文長老做了個請的手勢:「宋道友請隨我們來。大唐境內廢城是建立在羅睺淵的紅山林海禁制外圍,有一處相對穩固的入口,宋道友自可通行。」
二人說著,便引宋宴和沉默如影的虛相法身,離開中樓,向廢城西南面行去。
沿途所見,建築越發稀疏破敗,周遭漸漸開始有些許紅色霧氣瀰漫。
最終,三人在一處巨大的山坳前停下。
這山坳形似一面殘破城牆,其上爬滿了苔蘚,隱隱約約還能夠看到一些奇異的斑駁紋路。
山坳中央有個裂口,其間有暗沉靈光閃爍,裂口附近的紅色霧氣最是濃郁,已經能夠感受到其中的陰寒氣息。
正是因此,才會讓眾多鍊氣修士望而卻步。
「宋道友,便是此處了。」
方長老指著那道裂隙,神色鄭重:「此地古禁制雖稍弱一些,但穿過其中時仍需運轉靈力護體,謹守心神。穿越此裂隙,便是羅睺淵紅山林海的範圍了。」
「解煞戒在此處便已能發揮些許作用,可助道友更快適應。其餘諸般,以道友修為,當無大礙。」
「多謝二位引路。
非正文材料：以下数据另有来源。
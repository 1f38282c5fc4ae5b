-- ===== src/Master/JobQueue/Deletion.antt =====
-- What DeleteJob and Clear leave of a job queue whose views agree.
use prun.Base.{
  ℕ, ◌+◌, ◌-◌, ◌≡◌, refl, ap, ◌∙◌, Bool, true, false, not, ◌&&◌, List, [], ◌∷◌, ◌++◌, ◌==◌, arith,
  Bool-cases, inl, inr,
}
use prun.Containers.IntSet
use prun.Containers.IntSet.{IntSet}
use prun.Master.JobStore.{Queue, is_in}
use prun.Master.JobQueue.{on_job_deletion, forget_name, delete_job, delete_each, holding}
use prun.Master.JobQueue.Dependencies.{count}
use prun.Master.JobQueue.Keeping.{
  is_in-count, one_if, Keeps, on_job_deletion-Keeps, forget_name-Keeps, take_out-Keeps,
}
use prun.Master.JobQueue.Consistency.{
  IsConsistent, registered, registered_small, Keeps-IsConsistent,
}
use prun.Master.JobQueue.{clear}

delete_job-Keeps :
    (h : ℕ) (q : Queue)
    → IntSet.contains h q.id_to_job ≡ true
    → IsConsistent q
    → Keeps (λ z. registered q z - one_if (h == z)) (IntSet.erase h q.id_to_job) (delete_job h q).0
unfolding delete_job
delete_job-Keeps h q e k =
    let ids = IntSet.erase h q.id_to_job in
    let p : Queue = holding (h ∷ []) (record q { id_to_job = ids }) in
    let n = (q.job_of h).name in
    let c = registered q in
    let small = registered_small q in
    rw (e, delete_job)
      (take_out-Keeps c ids small h (on_job_deletion h (forget_name n p)) (
        on_job_deletion-Keeps c ids small h (forget_name n p)
          (forget_name-Keeps c ids small n p (refl, k.listed_once))))

delete_job_unknown :
    (h : ℕ) (q : Queue) → IntSet.contains h q.id_to_job ≡ false → (delete_job h q).0 ≡ q
unfolding delete_job
delete_job_unknown h q e = rw (e, delete_job) refl

-- If the ids, the heap and the delayed jobs of a queue agree, they do after DeleteJob, whatever
-- jobs of the group it releases; and then the job's own id, and no other, is not registered any
-- more.
pub delete_job-IsConsistent :
    (h : ℕ) (q : Queue)
    → IsConsistent q
    → IsConsistent (delete_job h q).0
      × ((z : ℕ)
          → IntSet.contains z (delete_job h q).0.id_to_job
            ≡ (not (h == z) && IntSet.contains z q.id_to_job))
delete_job-IsConsistent h q k = elim (Bool-cases (IntSet.contains h q.id_to_job)) [
  | inl e ↦
      let kept = delete_job-Keeps h q e k in
      (
        Keeps-IsConsistent (λ z. registered q z - one_if (h == z)) (IntSet.erase h q.id_to_job)
            (delete_job h q).0 (IntSet.erase-Ascending h q.id_to_job k.ids_ascend)
            (λ z. ground (arith, IntSet.contains-erase h z q.id_to_job k.ids_ascend)) kept,
        λ z. ap (IntSet.contains z) kept.0 ∙ IntSet.contains-erase h z q.id_to_job k.ids_ascend,
      )
  | inr e ↦ rw (delete_job_unknown h q e) (k, λ z. ground arith)
]

delete_each-IsConsistent :
    (hs : List ℕ) (q : Queue) (d : Bool)
    → IsConsistent q
    → IsConsistent (delete_each hs q d).0
      × ((z : ℕ)
          → IntSet.contains z (delete_each hs q d).0.id_to_job
            ≡ (not (is_in z hs) && IntSet.contains z q.id_to_job))
unfolding delete_each is_in
delete_each-IsConsistent [] q d k = (k, λ z. refl)
delete_each-IsConsistent (h ∷ hs) q d k =
    let (one, gone) = delete_job-IsConsistent h q k in
    let (rest, left) = delete_each-IsConsistent hs (delete_job h q).0 (delete_job h q).1 one in
    (rest, λ z. left z ∙ ground (arith, gone z))

nil_of_counts : (l : List ℕ) → ((z : ℕ) → count z l ≡ 0) → l ≡ []
nil_of_counts [] h = refl
nil_of_counts (x ∷ l) h = absurd (ground (arith, h x))

count-append : (z : ℕ) (l m : List ℕ) → count z (l ++ m) ≡ count z l + count z m
count-append z [] m = omega arith
count-append z (x ∷ l) m = ground (arith, count-append z l m)

-- Nothing is registered when all jobs of both lists have been deleted.
cleared_ids :
    (q : Queue) (z : ℕ)
    → IsConsistent q
    → (not (is_in z (q.jobs ++ q.delayed)) && IntSet.contains z q.id_to_job) ≡ false
cleared_ids q z k =
    ground
      (arith, is_in-count z (q.jobs ++ q.delayed), count-append z q.jobs q.delayed, k.listed_once z)

-- If the ids, the heap and the delayed jobs of a queue agree, Clear leaves neither a queued nor a
-- delayed job, whatever the deletions release, and no id is registered.
pub clear_leaves_nothing :
    (q : Queue)
    → IsConsistent q
    → ((clear q).jobs ≡ [])
      × ((clear q).delayed ≡ [])
      × ((z : ℕ) → IntSet.contains z (clear q).id_to_job ≡ false)
unfolding clear
clear_leaves_nothing q k =
    let hs = q.jobs ++ q.delayed in
    let (left, gone) =
      delete_each-IsConsistent hs (holding hs q) false
        (record { ids_ascend = k.ids_ascend; listed_once = k.listed_once }) in
    let none_left : (z : ℕ) → IntSet.contains z (clear q).id_to_job ≡ false =
      λ z. gone z ∙ cleared_ids q z k in
    (
      nil_of_counts (clear q).jobs (λ z. ground (arith, left.listed_once z, none_left z)),
      nil_of_counts (clear q).delayed (λ z. ground (arith, left.listed_once z, none_left z)),
      none_left,
    )
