-- ===== src/Master/JobManager/Deleting.antt =====
-- JobManager::DeleteNamedJob (master/job_manager.cpp): which jobs it deletes.
use prun.Base.{
  ℕ, ◌≡◌, refl, ap, ◌∙◌, Bool, false, not, ◌&&◌, List, [], ◌∷◌, Text, text_eq, any, is_empty, ◌==◌,
  arith,
}
use prun.Containers.IntSet
use prun.Containers.IntSet.{IntSet}
use prun.Master.JobStore.{Queue, is_in}
use prun.Master.JobQueue
use prun.Master.JobQueue.{get_jobs_by_name}
use prun.Master.JobQueue.Consistency.{IsConsistent}
use prun.Master.JobQueue.Deletion.{delete_job-IsConsistent}
use prun.Master.JobManager.{Manager, delete_job, delete_each, delete_named_job}
use prun.Master.JobManager.Fresh.{SameJobs-IsConsistent, with_queue-SameJobs}

-- Exactly the jobs that `gone` holds of are not registered any more, and the views agree.
abbrev pub Loses : (ℕ → Bool) → Queue → Queue → Type 0
Loses gone q r =
    IsConsistent r
    × ((z : ℕ) → IntSet.contains z r.id_to_job ≡ (not (gone z) && IntSet.contains z q.id_to_job))

delete_job-Loses :
    (i : ℕ) (m : Manager)
    → IsConsistent m.queue
    → Loses (λ z. i == z) m.queue (delete_job i m).0.queue
unfolding delete_job
delete_job-Loses i m k =
    let q = (JobQueue.delete_job i m.queue).0 in
    let s = with_queue-SameJobs q m in
    let (c, g) = delete_job-IsConsistent i m.queue k in
    (SameJobs-IsConsistent q _ s c, λ z. ap (IntSet.contains z) s.2 ∙ g z)

delete_each-Loses :
    (hs : List ℕ) (m : Manager)
    → IsConsistent m.queue
    → Loses (λ z. is_in z hs) m.queue (delete_each hs m).queue
unfolding delete_each is_in
delete_each-Loses [] m k = (k, λ z. refl)
delete_each-Loses (h ∷ hs) m k =
    let (c, g) = delete_job-Loses h m k in
    let (d, e) = delete_each-Loses hs (delete_job h m).0 c in (d, λ z. e z ∙ ground (arith, g z))

-- Whether a job is registered for a name
abbrev pub has_name : Text → ℕ → List (Text × ℕ) → Bool
has_name n z l = any (λ (e : Text × ℕ). text_eq e.0 n && e.1 == z) l

is_in-contains : (z : ℕ) (s : IntSet) → is_in z s ≡ IntSet.contains z s
unfolding is_in IntSet.contains
is_in-contains z [] = refl
is_in-contains z (x ∷ s) = ground (arith, is_in-contains z s)

contains-get_jobs_by_name :
    (n : Text) (z : ℕ) (l : List (Text × ℕ))
    → IntSet.contains z (get_jobs_by_name n l) ≡ has_name n z l
unfolding get_jobs_by_name IntSet.contains
contains-get_jobs_by_name n z [] = refl
contains-get_jobs_by_name n z ((m, h) ∷ l) =
    ground
      (arith, contains-get_jobs_by_name n z l, IntSet.contains-insert h z (get_jobs_by_name n l))

insert_full : (x : ℕ) (s : IntSet) → is_empty (IntSet.insert x s) ≡ false
unfolding IntSet.insert
insert_full x [] = refl
insert_full x (y ∷ s) = ground arith

is_empty-get_jobs_by_name :
    (n : Text) (l : List (Text × ℕ))
    → not (is_empty (get_jobs_by_name n l)) ≡ any (λ (e : Text × ℕ). text_eq e.0 n) l
unfolding get_jobs_by_name
is_empty-get_jobs_by_name n [] = refl
is_empty-get_jobs_by_name n ((m, h) ∷ l) =
    ground (arith, is_empty-get_jobs_by_name n l, insert_full h (get_jobs_by_name n l))

-- If the views of the queue agree, they do after DeleteNamedJob; exactly the jobs that were
-- registered for the name, their own or their group's, are not registered any more; and the answer
-- is whether there was an entry of that name.
pub delete_named_job-Loses :
    (n : Text) (m : Manager)
    → IsConsistent m.queue
    → Loses (λ z. has_name n z m.queue.names) m.queue (delete_named_job n m).0.queue
      × ((delete_named_job n m).1 ≡ any (λ (e : Text × ℕ). text_eq e.0 n) m.queue.names)
unfolding delete_named_job
delete_named_job-Loses n m k =
    let hs = get_jobs_by_name n m.queue.names in
    let m' : Manager = record m { queue = JobQueue.holding hs m.queue } in
    let k' : IsConsistent m'.queue = record {
      ids_ascend = k.ids_ascend;
      listed_once = k.listed_once;
    } in
    let (c, g) = delete_each-Loses hs m' k' in
    (
      (
        record { ids_ascend = c.ids_ascend; listed_once = c.listed_once },
        λ z.
            g z
            ∙ ap (λ b. not b && IntSet.contains z m.queue.id_to_job)
                (is_in-contains z hs ∙ contains-get_jobs_by_name n z m.queue.names),
      ),
      is_empty-get_jobs_by_name n m.queue.names,
    )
」宋宴拱手,語氣平淡。
「宋道友一路順遂,願道友在仙墓之中,尋得所求機緣!」文長老笑容可掬地回禮。
方長老也抱拳道:「保重!」
宋宴不再多言,周身劍氣隱現,邁步便向那裂隙走去。
虛相法身緊隨其後,黑袍身影沒入扭曲光影之中,瞬間消失不見。
那道裂隙在兩人的身影消失後,如同水波般蕩漾了幾下,很快又恢復了原狀。
看著宋宴和那神秘黑袍人消失的方向,方、文二人臉上的笑容迅速斂去。
「你說,霍前輩會如何處置此人?」方長老忽然問道。
「呵呵。」儒衫道人聞言笑了笑:「方兄這是憂心霍前輩惜才,到時只是稍加懲戒,便讓他出來與我二人一同管理廢城?」
「此人這等風姿,還有他的行事做派,進了羅睺淵,就是小兒持金過鬧市,即便霍前輩不出手,他也蹦躂不了多久。」
「至於霍前輩那邊,我們該做的已經做了,解煞戒也送到了。到時是生是死,就看他自己的造化和霍前輩的心情了。我們只需靜候消息便是。」
方長老點了點頭,兩人不再言語,轉身離去。